Hi there, I had a read of your post and I too can unfortunately see similarities between our situations. My husband is a proud man, even if he doesn't like to admit it.

If I got up and left tomorrow he wouldn't apologise and try and work things out, and if he tried to contact me he would be lovely dovey for a little while and revert back to his toxic, childish ways.

I appreciate all the responses. I have a lot of thinking to do. I just can't bring myself to leave him. In my mind like orange_pekoe I am worried about the future and if I will find love again. And it's so hard to leave someone you love, especially when you know that if they would just make some minor changes, things would drastically improve and we could move forward with our lives.


----------



## happy as a clam (Jan 5, 2014)

Let's recap...


He is a poor communicator
He gives you the silent treatment for days and weeks on end
He is extremely controlling (hiding under the guise of being "protective" of you)
The two of you are financially incompatible
He does nothing to help around the house (cooking, cleaning, laundry, etc.)
Your sex life is going down the tubes
He refuses to see a counselor unless it's one who will pay him lip service

Exactly WHY do you want to stay in this marriage?

Please do not bring a child into this very unhealthy situation.



Hurtingheart88 said:


> And it's so hard to leave someone you love, especially when you know that if they would just make some *minor changes,* things would drastically improve and we could move forward with our lives.
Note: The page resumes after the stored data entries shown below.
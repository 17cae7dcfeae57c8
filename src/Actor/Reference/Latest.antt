-- ===== src/Actor/Reference/Latest.antt =====
-- What a reference is answered with.
use symposium.Prelude.{
  ℕ, Bool, true, List, [], ◌∷◌, ◌++◌, Option, none, some, if◌then◌else◌, ◌≡◌, refl, ap, ◌∙◌,
  append_assoc, append-nil,
}
use symposium.Prelude.Text.{Text, text_eq}
use symposium.Prelude.Assoc
use symposium.Prelude.Assoc.{text_key, get-insert}
use symposium.Actor.Reference
use symposium.Actor.Reference.{
  ReferenceMessage, store_reference, get_reference, ReferenceActor, Reply, stored, found,
  handle_message, run,
}

module _ {Value : Type 0} where
  -- What `key` stands for after `ms`, if it stood for `before` first: the value of the last message
  -- that stores it.
  abbrev pub latest : Text → Option Value → List (ReferenceMessage Value) → Option Value
  latest key before [] = before
  latest key before (store_reference k value reply_tx ∷ ms) =
      latest key (if text_eq k key then some value else before) ms
  latest key before (get_reference k reply_tx ∷ ms) = latest key before ms

  pub get-run :
      (listens : ℕ → Bool) (key : Text) (ms : List (ReferenceMessage Value))
      (s : ReferenceActor Value)
      → Assoc.get key (run listens ms s).0.storage ≡ latest key (Assoc.get key s.storage) ms
  unfolding run
  get-run listens key [] s = refl
  get-run listens key (get_reference k reply_tx ∷ ms) s = get-run listens key ms s
  get-run listens key (store_reference k value reply_tx ∷ ms) s =
      get-run listens key ms (record s { storage = Assoc.insert k value s.storage })
      ∙ ap (λ before. latest key before ms) (get-insert k key value s.storage)

  run-append :
      (listens : ℕ → Bool) (ms : List (ReferenceMessage Value)) (m : ReferenceMessage Value)
      (s : ReferenceActor Value)
      → (run listens (ms ++ m ∷ []) s).1
        ≡ (run listens ms s).1 ++ (handle_message listens m (run listens ms s).0).1
  unfolding run
  run-append listens [] m s = simp append-nil
  run-append listens (x ∷ ms) m s =
      rw (run-append listens ms m (handle_message listens x s).0, append_assoc)

  -- After any messages a request for a reference is answered, if its sender still listens, with the
  -- value that was stored for it last, or with none if none was stored.
  pub run-latest :
      (listens : ℕ → Bool) (ms : List (ReferenceMessage Value)) (key : Text) (reply_tx : ℕ)
      → listens reply_tx ≡ true
      → (run listens (ms ++ get_reference key reply_tx ∷ []) Reference.new).1
        ≡ (run listens ms Reference.new).1 ++ found reply_tx (latest key none ms) ∷ []
  unfolding handle_message Reference.new Assoc.get
  run-latest listens ms key reply_tx heard =
      run-append listens ms (get_reference key reply_tx) Reference.new
      ∙ rw (heard, get-run listens key ms Reference.new) refl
Minor changes? We're talking about almost EVERY aspect of his life and personality! I think you need to re-examine your definition of "minor." Also, if this is your definition of "love", you should look that one up as well.


----------



## Orange_Pekoe (Jan 5, 2015)

Hurtingheart88 said:


> Thank you for your response. I never thought of him as passive-aggressive before, but I think you might be right. When I confront him about his behaviour, he makes out as if he is right in behaving as he does, because he says it's better than having a screaming match. But what he just doesn't see is now unhealthy it is to ignore issues and put them to one side and carry on as if nothing has happened. I've noticed that when I do what he wants, he is loving, caring and a 'good husband'. But as soon as I do something he disapproves of, or upset him, he is off and won't talk to me for as long as he decides not to. I've spent the last two nights at my parents' house and he hasn't even bothered to call to check if I am OK (he doesn't know where I spent the last two nights as he was too busy storming off in the street and leaving me alone, so I decided just to go).
> 
> 
> 
> ...


I completely understand your feelings. And it seems to me that you will give him every opportunity and chance to improve, until you're finally driven to a point where you no longer give a damn. Then, you will leave.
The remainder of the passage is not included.